Material provided:

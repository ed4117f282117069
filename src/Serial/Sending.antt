-- ===== src/Serial/Sending.antt =====
-- What src/hal/serial.hpp and the logging of src/hal/idt.hpp send.
use emergence_os_bare_metal.Base.{
  Bool, false, ℕ, zero, suc, ◌^◌, ◌≤◌, ◌<◌, ◌≡◌, refl, sym, ap, ◌∙◌, arith, List, [], ◌∷◌, ◌++◌,
  map, length, append_assoc, append-nil, true, Bool-cases, inl, inr, some, ◌==◌, bit_and, u8,
}
use emergence_os_bare_metal.Serial.{
  Uart, wait_empty, write_char, print, print_hex, hex_text, poll, raw_putc, raw_print,
  raw_print_hex,
}
use emergence_os_bare_metal.Interrupts.Faults.{fault_text, rax_text, rbx_text, dump_registers}
use emergence_os_bare_metal.Serial.Hex.{read_hex, hex_text-bytes, hex_text_lem}

-- A device: what it has sent; whether its transmitter is empty, so that it takes the next byte, which it
-- then sends; and how many polls at most until the status says that it is.
pub record IsUart (u : Uart) (bound : ℕ) : Type 0 where
  pub sent : u.State → List ℕ
  pub is_empty : u.State → Bool
  pub left : u.State → ℕ
  pub sent_status : (s : u.State) → sent (u.status s).1 ≡ sent s
  pub sent_send :
      (s : u.State) (byte : ℕ) → is_empty s ≡ true → sent (u.send s byte) ≡ sent s ++ (byte ∷ [])
  pub empty_status :
      (s : u.State) → (bit_and (u.status s).0 0x20 == 0) ≡ false → is_empty (u.status s).1 ≡ true
  pub left_bound : (s : u.State) → left s < bound
  pub left_status :
      (s : u.State) → (bit_and (u.status s).0 0x20 == 0) ≡ true → left (u.status s).1 < left s

one_more : (xs str : List ℕ) (c : ℕ) → (xs ++ (c ∷ [])) ++ str ≡ xs ++ (c ∷ str)
one_more xs str c = append_assoc xs (c ∷ []) str

module _ (u : Uart) (bound : ℕ) (laws : IsUart u bound) where
  wait_empty_ends :
      (fuel : ℕ) (s : u.State)
      → laws.left s < fuel
      → (s' : u.State) × (wait_empty u fuel s ≡ some s')
        × (laws.sent s' ≡ laws.sent s)
        × (laws.is_empty s' ≡ true)
  unfolding wait_empty
  wait_empty_ends zero s h = absurd (omega arith)
  wait_empty_ends (suc fuel) s h = elim (Bool-cases (bit_and (u.status s).0 0x20 == 0)) [
    | inl busy ↦
        let rest = wait_empty_ends fuel (u.status s).1 (omega (arith, laws.left_status s busy)) in
        (rest.0, rw (wait_empty, busy) rest.1, rest.2 ∙ laws.sent_status s, rest.3)
    | inr free ↦
        ((u.status s).1, rw (wait_empty, free) refl, laws.sent_status s, laws.empty_status s free)
  ]

  -- Where the device is present and is empty again within `bound` polls of its status, `print` ends, and sends just the
  -- bytes of the text, in order.
  pub print_lem :
      (fuel : ℕ) (s : u.State) (str : List ℕ)
      → bound ≤ fuel
      → (s' : u.State) × (print u fuel true s str ≡ some s')
        × (laws.sent s' ≡ laws.sent s ++ map (λ c. u8 c) str)
  unfolding print write_char
  print_lem fuel s [] h = (s, refl, sym (append-nil (laws.sent s)))
  print_lem fuel s (c ∷ str) h =
      let free = wait_empty_ends fuel s (omega (arith, laws.left_bound s)) in
      let rest = print_lem fuel (u.send free.0 (u8 c)) str h in
      (
        rest.0,
        rw (print, write_char, free.1) rest.1,
        rest.2
            ∙ ap (λ t. t ++ map (λ c. u8 c) str)
                (laws.sent_send free.0 (u8 c) free.3 ∙ ap (λ t. t ++ (u8 c ∷ [])) free.2)
            ∙ one_more (laws.sent s) (map (λ c. u8 c) str) (u8 c),
      )

  -- Where the device is present and is empty again within `bound` polls of its status, `print_hex` ends and sends sixteen
  -- characters more, which stand for the 64-bit number.
  pub print_hex_lem :
      (fuel : ℕ) (s : u.State) (val : ℕ)
      → bound ≤ fuel
      → val < 2 ^ 64
      → (s' : u.State) × (print_hex u fuel true s val ≡ some s')
        × (str : List ℕ) × (laws.sent s' ≡ laws.sent s ++ str)
        × (length str ≡ 16)
        × (read_hex 0 str ≡ val)
  unfolding print_hex
  print_hex_lem fuel s val h v =
      let run = print_lem fuel s (hex_text val 16) h in
      let text = hex_text_lem val v in
      let bytes = hex_text-bytes val 16 in
      (run.0, run.1, hex_text val 16, run.2 ∙ ap (λ t. laws.sent s ++ t) bytes, text.1, text.0)

module _ (u : Uart) (bound : ℕ) (laws : IsUart u bound) (soon : bound ≤ 10000) where
  poll_ends :
      (n : ℕ) (s : u.State)
      → laws.left s < n
      → (laws.sent (poll u n s) ≡ laws.sent s) × (laws.is_empty (poll u n s) ≡ true)
  unfolding poll
  poll_ends zero s h = absurd (omega arith)
  poll_ends (suc n) s h = elim (Bool-cases (bit_and (u.status s).0 0x20 == 0)) [
    | inl busy ↦
        let rest = poll_ends n (u.status s).1 (omega (arith, laws.left_status s busy)) in
        (rw (poll, busy) (rest.0 ∙ laws.sent_status s), rw (poll, busy) rest.1)
    | inr free ↦ (rw (poll, free) (laws.sent_status s), rw (poll, free) (laws.empty_status s free))
  ]

  sent-raw_putc : (s : u.State) (c : ℕ) → laws.sent (raw_putc u s c) ≡ laws.sent s ++ (u8 c ∷ [])
  unfolding raw_putc
  sent-raw_putc s c =
      let free = poll_ends 10000 s (omega (arith, laws.left_bound s, soon)) in
      laws.sent_send (poll u 10000 s) (u8 c) free.1 ∙ ap (λ t. t ++ (u8 c ∷ [])) free.0

  sent-raw_print :
      (s : u.State) (str : List ℕ)
      → laws.sent (raw_print u s str) ≡ laws.sent s ++ map (λ c. u8 c) str
  unfolding raw_print
  sent-raw_print s [] = sym (append-nil (laws.sent s))
  sent-raw_print s (c ∷ str) =
      sent-raw_print (raw_putc u s c) str
      ∙ ap (λ t. t ++ map (λ c. u8 c) str) (sent-raw_putc s c)
      ∙ one_more (laws.sent s) (map (λ c. u8 c) str) (u8 c)

  raw_print-append :
      (s : u.State) (xs ys : List ℕ) → raw_print u (raw_print u s xs) ys ≡ raw_print u s (xs ++ ys)
  unfolding raw_print
  raw_print-append s [] ys = refl
  raw_print-append s (x ∷ xs) ys = raw_print-append (raw_putc u s x) xs ys

  -- On a device that is empty again within 10000 polls of its status the report of a fault goes out as a
  -- whole: its text with the three registers in it, each as sixteen characters.
  pub dump_registers_lem :
      (s : u.State) (rip rax rbx : ℕ)
      → laws.sent (dump_registers u s rip rax rbx)
        ≡ laws.sent s
          ++ map
              (λ c. u8 c)
              (((((fault_text ++ hex_text rip 16) ++ rax_text) ++ hex_text rax 16) ++ rbx_text)
                ++ hex_text rbx 16)
  unfolding dump_registers raw_print_hex
  dump_registers_lem s rip rax rbx =
      let t1 = fault_text ++ hex_text rip 16 in
      let t2 = t1 ++ rax_text in
      let t3 = t2 ++ hex_text rax 16 in
      let t4 = t3 ++ rbx_text in
      ap
        (λ t. laws.sent (
          raw_print u
            (raw_print u (raw_print u (raw_print u t rax_text) (hex_text rax 16)) rbx_text)
            (hex_text rbx 16)))
        (raw_print-append s fault_text (hex_text rip 16))
      ∙ ap
          (λ t. laws.sent (
            raw_print u (raw_print u (raw_print u t (hex_text rax 16)) rbx_text) (hex_text rbx 16)))
          (raw_print-append s t1 rax_text)
      ∙ ap (λ t. laws.sent (raw_print u (raw_print u t rbx_text) (hex_text rbx 16)))
          (raw_print-append s t2 (hex_text rax 16))
      ∙ ap (λ t. laws.sent (raw_print u t (hex_text rbx 16))) (raw_print-append s t3 rbx_text)
      ∙ ap laws.sent (raw_print-append s t4 (hex_text rbx 16))
      ∙ sent-raw_print s (t4 ++ hex_text rbx 16)
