-- ===== src/Serial/Tests.antt =====
-- A line that is busy for three polls after each byte, and drops what is sent to it before.
use emergence_os_bare_metal.Base.{
  ℕ, zero, suc, ◌-◌, ◌<◌, ◌≡◌, refl, arith, List, [], ◌∷◌, ◌++◌, map, length, Bool, true, false,
  some, ◌==◌, if◌then◌else◌, min, bit_and, u8,
}
use emergence_os_bare_metal.Serial.{Uart, print_hex, hex_text}
use emergence_os_bare_metal.Serial.Hex.{read_hex}
use emergence_os_bare_metal.Serial.Sending.{IsUart, print_hex_lem, dump_registers_lem}
use emergence_os_bare_metal.Interrupts.Faults.{fault_text, rax_text, rbx_text, dump_registers}

record Line : Type 0 where
  out : List ℕ
  busy : ℕ

abbrev three_polls : Uart
three_polls = record {
  State = Line;
  status = λ s. (if min s.busy 3 == 0 then 0x20 else 0, record s { busy = min s.busy 3 - 1 });
  send = λ s byte. record { out = if s.busy == 0 then s.out ++ (byte ∷ []) else s.out; busy = 3 };
}

taken :
    (n byte : ℕ) (out : List ℕ)
    → (n == 0) ≡ true
    → (if n == 0 then out ++ (byte ∷ []) else out) ≡ out ++ (byte ∷ [])
taken n byte out e = rw e refl

now_empty :
    (n : ℕ)
    → (bit_and (if min n 3 == 0 then 0x20 else 0) 0x20 == 0) ≡ false
    → (min n 3 - 1 == 0) ≡ true
now_empty zero e = refl
now_empty (suc n) e = still_busy (min (suc n) 3 == 0) (min (suc n) 3 - 1 == 0) (ground arith) e
  where
    still_busy :
        (free after : Bool)
        → free ≡ false
        → (bit_and (if free then 0x20 else 0) 0x20 == 0) ≡ false
        → after ≡ true
    still_busy true after h e = cc
    still_busy false after h e = cc

less_busy :
    (n : ℕ)
    → (bit_and (if min n 3 == 0 then 0x20 else 0) 0x20 == 0) ≡ true
    → min (min n 3 - 1) 3 < min n 3
less_busy zero e = cc
less_busy (suc n) e = omega arith

abbrev uart_laws : IsUart three_polls 4
uart_laws = record {
  sent = λ s. s.out;
  is_empty = λ s. s.busy == 0;
  left = λ s. min s.busy 3;
  sent_status = λ s. refl;
  sent_send = λ s byte e. taken s.busy byte s.out e;
  empty_status = λ s e. now_empty s.busy e;
  left_bound = λ s. omega arith;
  left_status = λ s e. less_busy s.busy e;
}

abbrev quiet : Line
quiet = record { out = []; busy = 2 }

print_hex_lem_example :
    (s : Line) × (print_hex three_polls 4 true quiet 0xCAFE ≡ some s)
    × (str : List ℕ) × (s.out ≡ [] ++ str)
    × (length str ≡ 16)
    × (read_hex 0 str ≡ 0xCAFE)
print_hex_lem_example =
    print_hex_lem three_polls 4 uart_laws 4 quiet 0xCAFE (omega arith) (omega arith)

dump_registers_lem_example :
    (dump_registers three_polls quiet 0x100000 10 255).out
    ≡ []
      ++ map
          (λ c. u8 c)
          (((((fault_text ++ hex_text 0x100000 16) ++ rax_text) ++ hex_text 10 16) ++ rbx_text)
            ++ hex_text 255 16)
dump_registers_lem_example =
    dump_registers_lem three_polls 4 uart_laws (omega arith) quiet 0x100000 10 255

To do:
The entries above hold the needed span. Transcribe exactly the lines from the one with "sent-raw_print s (c" to the one with "(s : u.State) (xs", both included.

Solution:
  sent-raw_print s (c ∷ str) =
      sent-raw_print (raw_putc u s c) str
      ∙ ap (λ t. t ++ map (λ c. u8 c) str) (sent-raw_putc s c)
      ∙ one_more (laws.sent s) (map (λ c. u8 c) str) (u8 c)

  raw_print-append :
      (s : u.State) (xs ys : List ℕ) → raw_print u (raw_print u s xs) ys ≡ raw_print u s (xs ++ ys)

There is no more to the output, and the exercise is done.